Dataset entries
Start of Block

-- ===== src/Fat/Time.antt =====
-- fill_time and time_to_unix_time of fat_util.c: dates and times packed into 16 bits. The machine is
-- little-endian, so that cpu_to_le16 and le16_to_cpu are the identity. Each `|=` joins numbers with no
-- common bit, and stands here as a sum; each mask of low bits stands as a remainder.
pub mod Roundtrip
use famaf_unc.Base.{ℕ, ◌+◌, ◌-◌, ◌*◌, ◌/◌, ◌%◌, ◌^◌}
use famaf_unc.Fat.Device.{Device, Tm}

abbrev pub u16 : ℕ → ℕ
u16 n = n % 2 ^ 16

-- `tm_year + 1900 - 1980` is a signed number, negative before 1980.
unfoldable pub fill_date : Tm → ℕ
fill_date t =
    let month = u16 (u16 t.mday % 32 + (u16 t.mon + 1) * 32) % 512 in
    u16 (month + u16 (t.year + 1900 + 2 ^ 16 - 1980) * 512)

unfoldable pub fill_clock : Tm → ℕ
fill_clock t =
    let minutes = u16 (u16 (t.sec / 2) % 32 + u16 t.minute * 32) % 2048 in
    u16 (minutes + u16 t.hour * 2048)

-- Both numbers of `fill_time`.
unfoldable pub fill_time : {D : Type 0} → Device D → ℕ → ℕ × ℕ
unfolding fill_date fill_clock
fill_time dev t = (fill_date (dev.gmtime_r t), fill_clock (dev.gmtime_r t))

-- The `struct tm` that is handed to mktime.
unfoldable pub unpack_time : ℕ → ℕ → Tm
unpack_time date time = record {
  sec = time % 32 * 2;
  minute = time / 32 % 64;
  hour = time / 2048;
  mday = date % 32;
  mon = u16 (date / 32 % 16 + 2 ^ 16 - 1);
  year = date / 512 + (1980 - 1900);
}

unfoldable pub time_to_unix_time : {D : Type 0} → Device D → ℕ → ℕ → ℕ
unfolding unpack_time
time_to_unix_time dev date time = dev.mktime (unpack_time date time)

End of Block

• **What is being asked**:
For this exercise, please output exactly the lines above starting at the line with "pub mod Roundtrip" and ending at the line with "unfoldable pub unpack_time : ℕ → ℕ → Tm", ends included.

• **Task answer**:
pub mod Roundtrip
use famaf_unc.Base.{ℕ, ◌+◌, ◌-◌, ◌*◌, ◌/◌, ◌%◌, ◌^◌}
use famaf_unc.Fat.Device.{Device, Tm}

abbrev pub u16 : ℕ → ℕ
u16 n = n % 2 ^ 16

-- `tm_year + 1900 - 1980` is a signed number, negative before 1980.
unfoldable pub fill_date : Tm → ℕ
fill_date t =
    let month = u16 (u16 t.mday % 32 + (u16 t.mon + 1) * 32) % 512 in
    u16 (month + u16 (t.year + 1900 + 2 ^ 16 - 1980) * 512)

unfoldable pub fill_clock : Tm → ℕ
fill_clock t =
    let minutes = u16 (u16 (t.sec / 2) % 32 + u16 t.minute * 32) % 2048 in
    u16 (minutes + u16 t.hour * 2048)

-- Both numbers of `fill_time`.
unfoldable pub fill_time : {D : Type 0} → Device D → ℕ → ℕ × ℕ
unfolding fill_date fill_clock
fill_time dev t = (fill_date (dev.gmtime_r t), fill_clock (dev.gmtime_r t))

-- The `struct tm` that is handed to mktime.
unfoldable pub unpack_time : ℕ → ℕ → Tm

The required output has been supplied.